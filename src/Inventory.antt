-- ===== src/Inventory.antt =====
-- internal/inventory/inventory.go. A function that changes the inventory through its pointer
-- returns the new one; the errors of a parse are returned as `err`.
pub mod Tracking
pub mod Merging
pub mod Difference
use fork_kustomize_controlle.Prelude.{
  String, Option, none, some, List, [], ◌∷◌, ◌++◌, map, ◌==◌, contains, string_eq, if◌then◌else◌,
}
use fork_kustomize_controlle.Errors.{Result, ok, ◌>>=◌}
use fork_kustomize_controlle.Api.{ResourceRef, ResourceInventory, NamespacedObjectKindReference}
use fork_kustomize_controlle.Objects.{
  ObjMetadata, Unstructured, ChangeSetEntry, ObjectApi, bare_object,
}

-- `New`
abbrev pub new : ResourceInventory
new = record { entries = [] }

abbrev pub ids : List ResourceRef → List String
ids = map (λ e. e.id)

module _ (api : ObjectApi) where
  abbrev pub entry_ref : ChangeSetEntry → ResourceRef
  entry_ref e = record { id = api.to_string e.metadata; version = e.group_version }

  -- A nil change set adds nothing. No error is ever returned.
  unfoldable pub add_change_set :
      ResourceInventory → Option (List ChangeSetEntry) → ResourceInventory
  add_change_set inv none = inv
  add_change_set inv (some set) = record { entries = inv.entries ++ map entry_ref set }

  -- The id and the version under which an object is tracked.
  abbrev pub object_ref : Unstructured → ResourceRef
  object_ref u = record { id = api.to_string (api.metadata_of u); version = u.version }

  -- The loop of `Merge`; `seen` holds the ids that the map is true at.
  unfoldable merge_from : List String → List ResourceRef → List Unstructured → List ResourceRef
  merge_from seen entries [] = entries
  merge_from seen entries (obj ∷ objects) =
      let id = (object_ref obj).id in
      if contains id seen
      then merge_from seen entries objects
      else merge_from (id ∷ seen) (entries ++ object_ref obj ∷ []) objects

  -- A nil inventory stays nil.
  unfoldable pub merge : Option ResourceInventory → List Unstructured → Option ResourceInventory
  unfolding merge_from
  merge none objects = none
  merge (some inv) objects =
      some (record { entries = merge_from (ids inv.entries) inv.entries objects })

  entry_object : ResourceRef → ObjMetadata → Unstructured
  entry_object e m = bare_object m.group e.version m.kind m.name m.namespace

  list_entries : List ResourceRef → Result (List Unstructured)
  unfolding entry_object
  list_entries [] = ok []
  list_entries (e ∷ es) = do m ← api.parse e.id; us ← list_entries es; ok (entry_object e m ∷ us)

  -- `List`; a nil result is the empty list
  unfoldable pub list : ResourceInventory → Result (List Unstructured)
  unfolding list_entries
  list inv = do us ← list_entries inv.entries; ok (api.sort us)

  unfoldable pub metadata_of_entries : List ResourceRef → Result (List ObjMetadata)
  metadata_of_entries [] = ok []
  metadata_of_entries (e ∷ es) = do m ← api.parse e.id; ms ← metadata_of_entries es; ok (m ∷ ms)

  unfoldable pub list_metadata : ResourceInventory → Result (List ObjMetadata)
  unfolding metadata_of_entries
  list_metadata inv = metadata_of_entries inv.entries

  -- The closure `versionOf` of `Diff`: the version of the first entry with the id.
  unfoldable pub version_of : List ResourceRef → ObjMetadata → String
  version_of [] m = ""
  version_of (e ∷ es) m = if e.id == api.to_string m then e.version else version_of es m

  unfoldable pub stale_object : ResourceInventory → ObjMetadata → Unstructured
  unfolding version_of
  stale_object inv m = bare_object m.group (version_of inv.entries m) m.kind m.name m.namespace

  abbrev objects_of : ResourceInventory → List ObjMetadata → List Unstructured
  objects_of inv [] = []
  objects_of inv ms = api.sort (map (stale_object inv) ms)

  unfoldable pub diff : ResourceInventory → ResourceInventory → Result (List Unstructured)
  unfolding list_metadata stale_object
  diff inv target = do
    a_list ← list_metadata inv
    b_list ← list_metadata target
    ok (objects_of inv (api.set_diff a_list b_list))

  -- For backwards compatibility with Kustomization v1beta1
  abbrev or_apps : String → String
  or_apps v = if v == "" then "apps/v1" else v

  reference_object : NamespacedObjectKindReference → String × String → Unstructured
  reference_object c (group, version) = bare_object group version c.kind c.name c.namespace

  -- `ReferenceToObjMetadataSet`
  unfoldable pub reference_to_obj_metadata_set :
      List NamespacedObjectKindReference → Result (List ObjMetadata)
  unfolding reference_object
  reference_to_obj_metadata_set [] = ok []
  reference_to_obj_metadata_set (c ∷ cr) = do
    gv ← api.parse_group_version (or_apps c.api_version)
    ms ← reference_to_obj_metadata_set cr
    ok (api.metadata_of (reference_object c gv) ∷ ms)
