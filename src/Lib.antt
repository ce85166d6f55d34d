-- ===== src/Lib.antt =====
-- Contract management: the controllers of the doctypes, the service layer, the portal's API and
-- the webhook of the Frappe app contract_management, which takes the versions of a contract from a
-- draft over review, approval and electronic signature by Documenso to an executed document.
--
-- All paths, but for those of the app docusign_integration, are below
-- frappe-bench/apps/contract_management/contract_management/contract_management/.
--
-- - Workflow: constants/workflow.py, constants/transitions.py and `can_transition` of
--   services/workflow.py; Workflow.Fixture is the workflow that fixtures/workflow.json installs,
--   Workflow.Reachable what the transition map lets a status become.
-- - Site: the rows of the doctypes (doctype/*/*.json) and the state of a site, one table for each
--   doctype, with the session and a record of the notifications and the calls of Documenso.
-- - Platform: what the program calls and does not implement, as a record of functions that the
--   definitions take: Frappe's workflow engine, its checks on a save, naming series, users and
--   files, pypdf, and the answers of Documenso. Its assumptions have names: FollowsFixture and
--   NamesAreFresh; a query that is limited to one row and not ordered answers with some row of
--   those that it selects (OneRow).
-- - Doctype.Contract, Doctype.ContractVersion, Doctype.Approval, Doctype.SignatureRequest and
--   Doctype.Counterparty: the controllers doctype/*/*.py, method by method under their names.
--   `validate` runs the checks, `save` and `insert` are the document's own with the controller's
--   hooks in them. Distinct is the loop over seen values that several controllers have.
-- - Service.*: the modules of services/ under the names of their methods. Service.Signature has
--   one module for each part of services/signature.py: Checks, Create, Send, Sign, Complete,
--   Executed (the download of the signed file), Cancel and Webhook.
-- - Portal: portal_api.py. Portal has the access of a counterparty's user, Portal.Dashboard,
--   .Detail, .Timeline, .GetDetail, .Download and .Review one endpoint each or a part of one;
--   Listing, Access, Flags, Atomic and Decision hold the proofs about them.
-- - Webhook: the endpoint of Documenso's webhook. Webhook.Auth is services/webhook_auth.py,
--   Webhook.Dispatch constants/webhook_events.py, services/webhook_dispatcher.py and
--   services/webhook.py, Webhook.Endpoint api/documenso_webhook.py; Secret and Trust hold the
--   proofs.
-- - Documenso: the app docusign_integration (frappe-bench/apps/docusign_integration/
--   docusign_integration/). Documenso.Settings is integration_config.py and the settings'
--   controller, Documenso.Http http_client.py, Documenso.Provider provider.py, which fills
--   Platform's part for Documenso (over_http); Errors holds the proofs. Portal.Signed
--   follows the signed document from the signature service to the portal.
-- - Report: report/. Report.Expiring, Report.PendingSignatures and Report.Summary are the reports
--   on expiring contracts, pending signature requests and all contracts; Report.Summary.Shows says
--   which rows the latter holds. Today's date, and the day of a timestamp, are arguments.
-- - Safety: theorems over sequences of calls of the services, the portal and the webhook
--   (Safety.History has the calls), with what each module of the service layer keeps in
--   Safety.Approvals, Safety.Signing and Safety.Signatures, and what a decision on an approval
--   leaves behind in Safety.Decisions.
-- - Exec and Failure: Python code that may raise, with and without the site's state. What was
--   written before a raise stays in the state; the rollback is the framework's, but for
--   `review_contract`, which rolls its own writes back.
-- - Tests: the theorems at concrete inputs.
--
-- The services call each other as in the code: the approval service and the submission for review
-- save Contract Versions, the signature service moves them through the engine, and all of them
-- notify, a failed notification being logged and dropped. The portal decides approvals through the
-- approval service as Administrator, and the webhook passes completed documents to the signature
-- service.
--
-- Modelled more simply than the program has it: a field that holds None is the empty text, but for the
-- address of a signature's recipient, whose None makes the controller raise; tables are lists, and a query reads the table as it is before the save; texts are ASCII where they are
-- stripped or lowered; a request sees one `now`; the rows of a table stand in the order of their
-- creation, and rows that an ORDER BY ties stand in that order too; the names that the portal
-- remembers between requests are an argument; on a save the framework's own checks come before the
-- controller's, in one function; messages are in English. All loops are over lists and by
-- structural recursion, so there is no fuel.
--
-- Not modelled: the report on pending approvals, hooks, the user interface and the program's own
-- tests; of the webhook, the log and the debugging prints; of the HTTP client, what urljoin
-- makes of a URL and the library requests of a request (Channel).
pub mod Prelude
pub mod Failure
pub mod Exec
pub mod Distinct
pub mod Workflow
pub mod Site
pub mod Platform
pub mod Doctype
pub mod Service
pub mod Portal
pub mod Webhook
pub mod Documenso
pub mod Report
pub mod Safety
mod Tests
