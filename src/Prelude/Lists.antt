-- ===== src/Prelude/Lists.antt =====
-- Lists measured by native numbers, Boolean quantifiers, and the lemmas on them.
use contract_management.Prelude.{
  ℕ, suc, ◌≡◌, refl, Bool, true, false, ◌&&◌, ◌||◌, Option, none, some, List, [], ◌∷◌, arith,
  if◌then◌else◌, Eq, ◌==◌,
}

abbrev pub All {ℓ κ} : {A : Type ℓ} → (A → Type κ) → List A → Type κ
All P [] = Unit
All P (x ∷ xs) = P x × All P xs

module _ {ℓ} {A : Type ℓ} where
  abbrev pub length : List A → ℕ
  length [] = 0
  length (x ∷ xs) = suc (length xs)

  -- xs + ys
  abbrev pub append : List A → List A → List A
  append [] ys = ys
  append (x ∷ xs) ys = x ∷ append xs ys

  -- xs[-1]
  abbrev pub last : List A → Option A
  last [] = none
  last (x ∷ []) = some x
  last (x ∷ y ∷ xs) = last (y ∷ xs)

  -- any(test(x) for x in xs)
  unfoldable pub any : (A → Bool) → List A → Bool
  any test [] = false
  any test (x ∷ xs) = test x || any test xs

  -- all(test(x) for x in xs)
  unfoldable pub all : (A → Bool) → List A → Bool
  all test [] = true
  all test (x ∷ xs) = test x && all test xs

  -- [x for x in xs if test(x)]
  unfoldable pub filter : (A → Bool) → List A → List A
  filter test [] = []
  filter test (x ∷ xs) = let rest = filter test xs in if test x then x ∷ rest else rest

  -- The first item that passes the test.
  unfoldable pub first : (A → Bool) → List A → Option A
  first test [] = none
  first test (x ∷ xs) = if test x then some x else first test xs

  pub all-All : (test : A → Bool) (xs : List A) → all test xs ≡ true → All (λ x. test x ≡ true) xs
  unfolding all
  all-All test [] h = tt
  all-All test (x ∷ xs) h = ground (arith, all-All test xs)

  pub All-all : (test : A → Bool) (xs : List A) → All (λ x. test x ≡ true) xs → all test xs ≡ true
  unfolding all
  All-all test [] h = refl
  All-all test (x ∷ xs) h = ground (arith, All-all test xs)

  pub first-test : (test : A → Bool) (xs : List A) (a : A) → first test xs ≡ some a → test a ≡ true
  unfolding first
  first-test test [] a h = ground arith
  first-test test (x ∷ xs) a h = ground (arith, first-test test xs a)

  pub first-none : (test : A → Bool) (xs : List A) → first test xs ≡ none → any test xs ≡ false
  unfolding first any
  first-none test [] h = refl
  first-none test (x ∷ xs) h = ground (arith, first-none test xs)

-- x in xs
unfoldable pub contains {ℓ} : {A : Type ℓ} ⦃e : Eq A⦄ → List A → A → Bool
contains [] a = false
contains (x ∷ xs) a = a == x || contains xs a
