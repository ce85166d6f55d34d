-- ===== src/Failure.antt =====
-- The exceptions that the code raises, one for each message, and those that come out of the
-- framework and of the services that it talks to.
use contract_management.Prelude.{◌≡◌, refl, ◌↔◌, Bool, true, false, Option, none, some, String}

pub data Error : Type 0 where
  -- frappe.DoesNotExistError
  does_not_exist : Error
  -- frappe.ValidationError, Contract
  title_empty effective_after_expiration duplicate_collaborator contract_not_submitted : Error
  -- frappe.ValidationError, Contract Version
  contract_required version_number_required version_number_not_positive : Error
  version_number_exists current_superseded no_current_version_left : Error
  cannot_submit_for_review cannot_approve cannot_reject : Error
  -- frappe.ValidationError, Approval
  contract_version_required approver_required status_required duplicate_pending_approval : Error
  status_changed_directly no_approvers approval_not_pending : Error
  -- frappe.ValidationError, Signature Request
  requested_by_required active_request_exists duplicate_signer_email : Error
  duplicate_signing_order signing_order_not_sequential : Error
  not_current not_approved no_recipients signer_required signing_order_required : Error
  placeholders_missing request_not_draft request_not_pending not_a_recipient : Error
  recipient_not_pending request_not_cancellable no_document : Error
  cannot_execute cannot_request_signature cannot_restore : Error
  -- frappe.ValidationError, Counterparty
  counterparty_name_empty contact_person_empty email_empty : Error
  -- DocumensoError
  no_envelope_id envelope_not_completed no_envelope_items no_item_id not_a_pdf : Error
  -- DocumensoWebhookAuthError and DocumensoConfigurationError
  missing_secret invalid_secret secret_not_configured integration_disabled : Error
  -- DocumensoRequestError, DocumensoAuthenticationError and DocumensoApiError
  request_failed authentication_failed : Error
  api_error : String → Error
  -- frappe.PermissionError, the portal
  no_portal_access no_contract_access no_such_version no_document_access : Error
  no_pending_review signed_file_not_private : Error
  -- frappe.ValidationError, the portal
  invalid_action no_version_to_review no_signed_document not_executed no_original_document : Error
  file_not_found : Error
  -- frappe.ValidationError, the webhook
  empty_body invalid_json not_an_object : Error
  -- frappe.ValidationError, Documenso Settings
  invalid_base_url : Error
  -- Python's own TypeError, KeyError, AttributeError and ValueError
  type_error key_error attribute_error value_error : Error
  -- raised inside Frappe, pypdf, requests or Documenso
  external : String → Error

-- Code that returns a value or raises, and writes nothing.
pub data Result {ℓ} (Value : Type ℓ) : Type ℓ where
  ok : Value → Result Value
  err : Error → Result Value

infixl 5 ◌>>◌
infixl 5 ◌>>=◌
abbrev pub ◌>>=◌ {ℓ κ} :
    {Value : Type ℓ} {Next : Type κ} → Result Value → (Value → Result Next) → Result Next
ok value >>= next = next value
err error >>= next = err error

abbrev pub ◌>>◌ {ℓ κ} : {Value : Type ℓ} {Next : Type κ} → Result Value → Result Next → Result Next
first >> second = first >>= λ _. second

-- if condition: frappe.throw(…)
abbrev pub throw_if : Bool → Error → Result (Unit {0})
throw_if true error = err error
throw_if false error = ok tt

abbrev pub check : Option Error → Result (Unit {0})
check none = ok tt
check (some e) = err e

-- A sequence that returned: its first part returned, and so did the rest.
pub >>=-eq-ok {ℓ κ} :
    {Value : Type ℓ} {Next : Type κ} (first : Result Value) (next : Value → Result Next)
    → {last : Next} → (first >>= next) ≡ ok last
    → (value : Value) × (first ≡ ok value) × (next value ≡ ok last)
>>=-eq-ok (ok value) next same = (value, refl, same)
>>=-eq-ok (err error) next same = cc

-- Code after a guard returns exactly when the guard does not fire and the code does.
pub throw_if->>=_iff {ℓ} :
    {A : Type ℓ} (b : Bool) (e : Error) (rest : Result A) (a : A)
    → ((throw_if b e >> rest) ≡ ok a) ↔ ((b ≡ false) × (rest ≡ ok a))
throw_if->>=_iff true e rest a = (λ h. cc, λ h. cc)
throw_if->>=_iff false e rest a = (λ h. (refl, h), λ h. h.1)

-- So it is for code after a check that returns nothing.
pub unit->>=_iff {ℓ} :
    {A : Type ℓ} (m : Result (Unit {0})) (rest : Result A) (a : A)
    → ((m >> rest) ≡ ok a) ↔ ((m ≡ ok tt) × (rest ≡ ok a))
unit->>=_iff (ok tt) rest a = (λ h. (refl, h), λ h. h.1)
unit->>=_iff (err e) rest a = (λ h. cc, λ h. cc)
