-- ===== src/Distinct.antt =====
-- The loops over a list of rows that keep a set of the values seen so far and throw at a value
-- that is in it already.
use contract_management.Prelude.{◌≡◌, refl, ◌↔◌, false, List, [], ◌∷◌, arith, if◌then◌else◌, Eq}
use contract_management.Prelude.Lists.{All, contains}
use contract_management.Failure.{Error, Result, ok, err}

module _ {ℓ} {A : Type ℓ} ⦃e : Eq A⦄ where
  unfoldable pub check_distinct : Error → List A → List A → Result (Unit {0})
  unfolding contains
  check_distinct x seen [] = ok tt
  check_distinct x seen (a ∷ rest) =
      let others = check_distinct x (a ∷ seen) rest in if contains seen a then err x else others

  -- No value stands twice in the list.
  abbrev pub Distinct : List A → Type 0
  Distinct [] = Unit
  Distinct (a ∷ rest) = (contains rest a ≡ false) × Distinct rest

  abbrev Unseen : List A → List A → Type 0
  Unseen seen = All (λ a. contains seen a ≡ false)

  Unseen-cons :
      (a : A) (seen xs : List A) → Unseen (a ∷ seen) xs ↔ ((contains xs a ≡ false) × Unseen seen xs)
  unfolding contains
  Unseen-cons a seen [] = ground arith
  Unseen-cons a seen (x ∷ xs) = ground (arith, Unseen-cons a seen xs, e.beq_iff a x, e.beq_iff x a)

  check_distinct_iff :
      (x : Error) (seen xs : List A)
      → (check_distinct x seen xs ≡ ok tt) ↔ (Distinct xs × Unseen seen xs)
  unfolding check_distinct
  check_distinct_iff x seen [] = ground arith
  check_distinct_iff x seen (a ∷ xs) =
      ground (arith, check_distinct_iff x (a ∷ seen) xs, Unseen-cons a seen xs)

  Unseen-nil : (xs : List A) → Unseen [] xs
  unfolding contains
  Unseen-nil [] = tt
  Unseen-nil (x ∷ xs) = (refl, Unseen-nil xs)

  -- The loop ends without an exception exactly when no value stands twice in the list.
  pub check_distinct-iff-Distinct :
      (x : Error) (xs : List A) → (check_distinct x [] xs ≡ ok tt) ↔ Distinct xs
  check_distinct-iff-Distinct x xs = (
    λ h. ((check_distinct_iff x [] xs).0 h).0,
    λ d. (check_distinct_iff x [] xs).1 (d, Unseen-nil xs),
  )
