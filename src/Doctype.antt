-- ===== src/Doctype.antt =====
-- The controllers of the doctypes: doctype/*/*.py.
pub mod Contract
pub mod ContractVersion
pub mod Approval
pub mod SignatureRequest
pub mod Counterparty
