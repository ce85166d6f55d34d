-- ===== src/Prelude/Table.antt =====
-- A database table: the rows of one doctype, read and written by their primary key.
use contract_management.Prelude.{
  String, ◌≡◌, refl, true, string_eq, Option, none, some, List, [], ◌∷◌, map, arith, str_eq, eq_iff,
  if◌then◌else◌,
}
use mathlib.Core.Option
use contract_management.Prelude.Lists.{contains}

module _ {ℓ} {A : Type ℓ} (key : A → String) where
  -- SELECT … WHERE name = k
  unfoldable pub find : String → List A → Option A
  find k [] = none
  find k (r ∷ rows) = if str_eq (key r) k then some r else find k rows

  -- UPDATE or INSERT of the row with the key of `r`.
  unfoldable pub put : A → List A → List A
  put r [] = r ∷ []
  put r (s ∷ rows) = if str_eq (key s) (key r) then r ∷ rows else s ∷ put r rows

  -- UPDATE … SET … WHERE name = k
  unfoldable pub modify : String → (A → A) → List A → List A
  modify k f [] = []
  modify k f (r ∷ rows) = if str_eq (key r) k then f r ∷ rows else r ∷ modify k f rows

  pub find-put :
      (r : A) (k : String) (rows : List A)
      → find k (put r rows) ≡ (if str_eq (key r) k then some r else find k rows)
  unfolding find put
  find-put r k [] = refl
  find-put r k (s ∷ rows) =
      ground (arith, find-put r k rows, eq_iff (key s) (key r), eq_iff (key s) k, eq_iff (key r) k)

  pub find-key : (k : String) (rows : List A) (r : A) → find k rows ≡ some r → key r ≡ k
  unfolding find
  find-key k [] r h = ground arith
  find-key k (s ∷ rows) r h = ground (arith, find-key k rows r, eq_iff (key s) k)

  module _ (f : A → A) (same_key : (r : A) → key (f r) ≡ key r) where
    pub find-map : (k : String) (rows : List A) → find k (map f rows) ≡ Option.map f (find k rows)
    unfolding find
    find-map k [] = refl
    find-map k (r ∷ rows) = rw same_key (ground (arith, find-map k rows))

    pub find-modify :
        (j k : String) (rows : List A)
        → find k (modify j f rows)
          ≡ (if str_eq j k then Option.map f (find k rows) else find k rows)
    unfolding find modify
    find-modify j k [] = ground arith
    find-modify j k (r ∷ rows) = ground (
      arith,
      find-modify j k rows,
      same_key r,
      eq_iff (key r) j,
      eq_iff (key r) k,
      eq_iff (key (f r)) k,
      eq_iff j k,
    )

  -- A row that is found has its key among the keys.
  pub contains-find :
      (k : String) (rows : List A) (r : A) → find k rows ≡ some r → contains (map key rows) k ≡ true
  unfolding find contains
  contains-find k [] r h = ground arith
  contains-find k (s ∷ rows) r h =
      ground (arith, contains-find k rows r, eq_iff (key s) k, eq_iff k (key s))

==*==

The answer must be every line from the records above that contains the word "last", copied out.

- [Answer to this exercise]:
  abbrev pub last : List A → Option A
  last [] = none
  last (x ∷ []) = some x
  last (x ∷ y ∷ xs) = last (y ∷ xs)
    → {last : Next} → (first >>= next) ≡ ok last
    → (value : Value) × (first ≡ ok value) × (next value ≡ ok last)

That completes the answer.